## WHAT IS EXPECTED
The answer is one number. Say how many lines in the entries below include the word "UserSwapHistoryRes".

## LISTED ENTRIES
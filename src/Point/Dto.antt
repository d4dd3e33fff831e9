-- ===== src/Point/Dto.antt =====
-- The request and response DTOs of `PointService`, and its `map…` methods. Amounts are `BigInt(amount)`
-- of a decimal text on the way in and its `toString()` on the way out; the model keeps the integer.
use web3_point_exchange.Common.{ℕ, ℤ, Bool, Option}
use web3_point_exchange.Entities.{
  UserPoint, ConsumptionHistory, GrantHistory, UserSwapHistory, ConsumptionType, ConsumptionStatus,
  GrantType, GrantStatus, SwapType, SwapStatus,
}
use web3_point_exchange.Platform.{PermitData}

pub record CreateUserPointReq : Type 0 where
  pub user_id : ℕ
  pub wallet_address : Option ℕ
  pub amount : Option ℤ

pub record DepositPointsReq : Type 0 where
  pub user_id : ℕ
  pub wallet_address : ℕ
  pub amount : ℤ

pub record WithdrawPointsReq : Type 0 where
  pub user_id : ℕ
  pub wallet_address : ℕ
  pub amount : ℤ
  pub valid_until : ℕ
  pub signature : ℕ
  pub permit_data : Option PermitData

pub record ConsumePointReq : Type 0 where
  pub amount : ℤ
  pub type : ConsumptionType
  pub resource_id : Option ℕ

pub record GrantPointReq : Type 0 where
  pub amount : ℤ
  pub type : GrantType
  pub resource_id : Option ℕ

pub record ValidateUserReq : Type 0 where
  pub wallet_address : ℕ
  pub is_valid : Bool

pub record UserPointRes : Type 0 where
  pub user_point_id : ℕ
  pub user_id : ℕ
  pub balance : ℤ
  pub created_at : ℕ
  pub updated_at : ℕ

-- `resource_id || ''`: the empty text is `none`.
pub record ConsumptionHistoryRes : Type 0 where
  pub consumption_history_id : ℕ
  pub user_point_id : ℕ
  pub amount : ℤ
  pub type : ConsumptionType
  pub status : ConsumptionStatus
  pub resource_id : Option ℕ
  pub created_at : ℕ
  pub updated_at : ℕ

pub record GrantHistoryRes : Type 0 where
  pub grant_history_id : ℕ
  pub user_point_id : ℕ
  pub amount : ℤ
  pub type : GrantType
  pub status : GrantStatus
  pub resource_id : Option ℕ
  pub created_at : ℕ
  pub updated_at : ℕ

pub record UserSwapHistoryRes : Type 0 where
  pub user_swap_history_id : ℕ
  pub user_id : ℕ
  pub type : SwapType
  pub amount_point : ℤ
  pub amount_token : ℤ
  pub status : SwapStatus
  pub point_to_token_transaction_id : Option ℕ
  pub token_to_point_transaction_id : Option ℕ
  pub created_at : ℕ
  pub updated_at : ℕ

pub map_user_point : UserPoint → UserPointRes
map_user_point e = record {
  user_point_id = e.user_point_id;
  user_id = e.user_id;
  balance = e.balance;
  created_at = e.created_at;
  updated_at = e.updated_at;
}

pub map_consumption_history : ConsumptionHistory → ConsumptionHistoryRes
map_consumption_history e = record {
  consumption_history_id = e.consumption_history_id;
  user_point_id = e.user_point_id;
  amount = e.amount;
  type = e.type;
  status = e.status;
  resource_id = e.resource_id;
  created_at = e.created_at;
  updated_at = e.updated_at;
}

pub map_grant_history : GrantHistory → GrantHistoryRes
map_grant_history e = record {
  grant_history_id = e.grant_history_id;
  user_point_id = e.user_point_id;
  amount = e.amount;
  type = e.type;
  status = e.status;
  resource_id = e.resource_id;
  created_at = e.created_at;
  updated_at = e.updated_at;
}

-- The transactions' ids come from the relations, which only a query loads: an entity that was just
-- created has none.
unfoldable pub map_user_swap_history : UserSwapHistory → UserSwapHistoryRes
map_user_swap_history e = record {
  user_swap_history_id = e.user_swap_history_id;
  user_id = e.user_id;
  type = e.type;
  amount_point = e.amount_point;
  amount_token = e.amount_token;
  status = e.status;
  point_to_token_transaction_id = e.token_mint_history_id;
  token_to_point_transaction_id = e.token_burn_history_id;
  created_at = e.created_at;
  updated_at = e.updated_at;
}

## SOLUTION FOR THIS EXERCISE
2